Lender need not resort to any particular right or
remedy before exercising or enforcing any other, and
Lender's resort to any right or remedy shall not
preclude the exercise or enforcement of each other
right and remedy.
ARTICLE V
REPRESENTATIONS AND WARRANTIES
SECTION 5.1
Representations and Warranties of the Corporation.
The Corporation
represents and warrants as follows:
(a) ORGANIZATION AND POWERS. The Corporation is a
corporation, duly organized and validly existing
under the laws of the State of Delaware and is
authorized to transact business and exercise its
power under the applicable laws of any state in
which the conduct of its business or its ownership
of property requires that it be so qualified except
where failure to do so would not have a material
adverse effect on the ability of the Corporation to
conduct its business as currently conducted or as
proposed or contemplated to be conducted.
(b) AUTHORIZATION AND ABSENCE OF CONFLICTS. The
execution, delivery and performance of the
Transaction Documents (i) have been duly authorized
by all necessary action on the part of the
Corporation, (ii) do not and will not conflict with,
or result in a violation of, any provision of law,
or any order, writ, rule or regulation of any court
or governmental agency or instrumentality binding
upon or applicable to the Corporation and (iii) do
not and will not conflict with, result in a
violation of, or constitute a default under, any
resolution, material agreement or instrument to
which the Corporation is a party or by which the
Corporation or any of its property is bound.
(c) BINDING OBLIGATION. Each of the Transaction
Documents will be a valid and binding obligation of
the Corporation enforceable in accordance with its
terms.
(d) GOVERNMENTAL APPROVAL AND CONSENT. No consent,
approval, permit, authorization or order of, or
registration or filing with, any court or
governmental agency, authority or other
instrumentality not already obtained, given or made
is required on the part of the Corporation for the
execution, delivery and performance by the
Corporation of any of the Transaction Documents.
(e) ABSENCE OF LITIGATION. There is no action, suit,
proceeding, inquiry or investigation, at law or in
equity, before or by any court, arbitrator,
governmental or other board, body or official,
pending or, to the best knowledge of the
Corporation, threatened against or affecting the
Corporation, questioning the validity of any
proceeding taken or to be taken by the Corporation
in connection with the execution, delivery and
performance by the Corporation of the Transaction
Documents or seeking to prohibit, restrain or enjoin
the execution, delivery or performance by the
Corporation of any of the foregoing, nor, to the
best knowledge of the Corporation, is there any
basis therefor, wherein an unfavorable decision,
ruling or finding would (i) adversely affect the
validity or enforceability of, or the authority or
ability of
the Corporation to perform its obligations under the
Transaction Documents or (ii) have a material
adverse effect on the ability of the Corporation to
conduct its business as currently conducted or as
proposed or contemplated to be conducted.

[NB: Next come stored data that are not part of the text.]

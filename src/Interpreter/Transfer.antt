-- ===== src/Interpreter/Transfer.antt =====
-- The handlers of interpreter/interpreter.cpp that move registers, branch, and pass arguments. The
-- fetch that follows a handler is left to `step`.
use k3s_virtual_machine.Base.{
  ℕ, Bool, not, Outcome, ok, err, ◌>>=◌, ◌>>◌, guard, from_option, undefined, assertion,
  unknown_constant, ◌==◌, if◌then◌else◌,
}
use k3s_virtual_machine.Classfile.ConstantPool.{get_element, get_function_bytecode_offset}
use k3s_virtual_machine.Interpreter.Register.{
  num, str, obj, func, any, set_typed, set_num, set_string, set_function, set_object,
  get_as_function,
}
use k3s_virtual_machine.Interpreter.Isa.{add_imm}
use k3s_virtual_machine.Interpreter.Objects.{function, get_arg, get_ret, set_arg, set_ret}
use k3s_virtual_machine.Interpreter.Machine.{
  Machine, advance, get_acc, set_acc, get_reg, set_reg, push_frame, load_function, store_body,
  get_callee,
}
use k3s_virtual_machine.Interpreter.Allocate.{new_function, new_string, new_object}

-- LDAI
unfoldable pub handle_ldai : Machine → ℕ → Outcome Machine
handle_ldai m imm = elim (get_element m.constant_pool imm).type [
  | func ↦ do
    bc_offs ← get_function_bytecode_offset m.constant_pool imm
    (addr, m') ← new_function m bc_offs
    set_acc m' (set_function addr)
  | num ↦ set_acc m (set_num (get_element m.constant_pool imm).val)
  | str ↦ do
    c_str ← from_option undefined (m.texts (get_element m.constant_pool imm).val)
    (addr, m') ← new_string m c_str
    set_acc m' (set_string addr)
  | obj ↦ do
    offsets ← from_option undefined (m.offsets (get_element m.constant_pool imm).val)
    (addr, m') ← new_object m (m.constant_pool.object_mappings imm) offsets
    set_acc m' (set_object addr)
  | _ ↦ err unknown_constant
]

-- LDA, STA, STNULL, MOV
unfoldable pub handle_lda : Machine → ℕ → Outcome Machine
handle_lda m a = do r ← get_reg m a; set_acc m r

unfoldable pub handle_sta : Machine → ℕ → Outcome Machine
handle_sta m a = do r ← get_acc m; set_reg m a r

unfoldable pub handle_stnull : Machine → ℕ → Outcome Machine
handle_stnull m a = do r ← set_typed any 0; set_reg m a r

unfoldable pub handle_mov : Machine → ℕ → ℕ → Outcome Machine
handle_mov m a b = do r ← get_reg m a; set_reg m b r

-- JUMP
unfoldable pub handle_jump : Machine → ℕ → Outcome Machine
unfolding add_imm
handle_jump m imm = guard (not (imm == 0)) assertion >> ok (record m { pc = add_imm m.pc imm })

-- BLE, BLT, BGE, BNE: whether the branch is taken decides how the counter moves on.
unfoldable pub handle_branch : (ℕ → Bool) → Machine → ℕ → Outcome Machine
unfolding add_imm advance
handle_branch test m imm = do
  guard (not (imm == 0)) assertion
  acc ← get_acc m
  ok (if test acc.value then record m { pc = add_imm m.pc imm } else advance m)

-- GETARG0, GETARG1, GETTHIS
unfoldable pub handle_getarg : ℕ → Machine → ℕ → Outcome Machine
handle_getarg i m a = do
  callee ← get_callee m
  f ← load_function m callee
  r ← get_arg f i
  set_reg m a r

unfoldable pub handle_getthis : Machine → ℕ → Outcome Machine
handle_getthis m a = do callee ← get_callee m; f ← load_function m callee; set_reg m a f.this

-- SETARG0, SETARG1: the accumulator's word is taken as the function's address.
unfoldable pub handle_setarg : ℕ → Machine → ℕ → Outcome Machine
handle_setarg i m a = do
  acc ← get_acc m
  f ← load_function m acc.value
  r ← get_reg m a
  store_body m acc.value (function (set_arg f i r))

-- GETRET0, SETRET0
unfoldable pub handle_getret0 : Machine → ℕ → Outcome Machine
handle_getret0 m a = do
  acc ← get_acc m
  f ← load_function m acc.value
  r ← get_ret f 0
  set_reg m a r

unfoldable pub handle_setret0 : Machine → ℕ → Outcome Machine
handle_setret0 m a = do
  callee ← get_callee m
  f ← load_function m callee
  r ← get_reg m a
  store_body m callee (function (set_ret f 0 r))

-- CALL
unfoldable pub handle_call : Machine → Outcome Machine
handle_call m = do
  acc ← get_acc m
  func_obj ← get_as_function acc
  m' ← push_frame m m.pc func_obj
  f ← load_function m' func_obj
  ok (record m' { pc = f.target_pc })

(f) NO DEFAULTS BY THE CORPORATION. Other than as
set forth on the Schedule of Exceptions attached
hereto (the "Schedule"), the Corporation is not in
default in the performance, observance or
fulfillment of any of the obligations, covenants or
conditions contained in any agreement or instrument
to which the Corporation is a party or by which the
Corporation or any of its property is bound, except
for such defaults as would not have a material
adverse effect on the ability of the Corporation to
conduct its business as currently conducted or as
proposed or contemplated to be conducted.
(g) INCORPORATION OF REPRESENTATIONS. The
Corporation hereby makes to the Lender the same
representations and warranties as are made by the
Corporation and set forth in any other Transaction
Documents, which representations and warranties, as
well as the defined terms contained therein (or in
such defined terms), are hereby incorporated by
reference with the same effect as if each and every
such representation and warranty and defined term
were set forth herein in its entirety. No amendment
to such representations and warranties or defined
terms made pursuant thereto shall be effective to
amend such representations and warranties and
defined terms as incorporated by reference herein
without the consent of Lender.
(h) COMPLIANCE WITH LAWS. The Corporation is in
material compliance with all provisions of
applicable law.
ARTICLE VI
Covenants Of The CORPORATION
SECTION 6.1
AFFIRMITIVE COVENANTS. So long as the Termination
Date has not occurred or so long as any amount is
due and owing to Lender hereunder, the Corporation
will, unless Lender otherwise shall consent in
writing:
(a) DELIVERY OF INFORMATION, REPORTS AND OPINIONS.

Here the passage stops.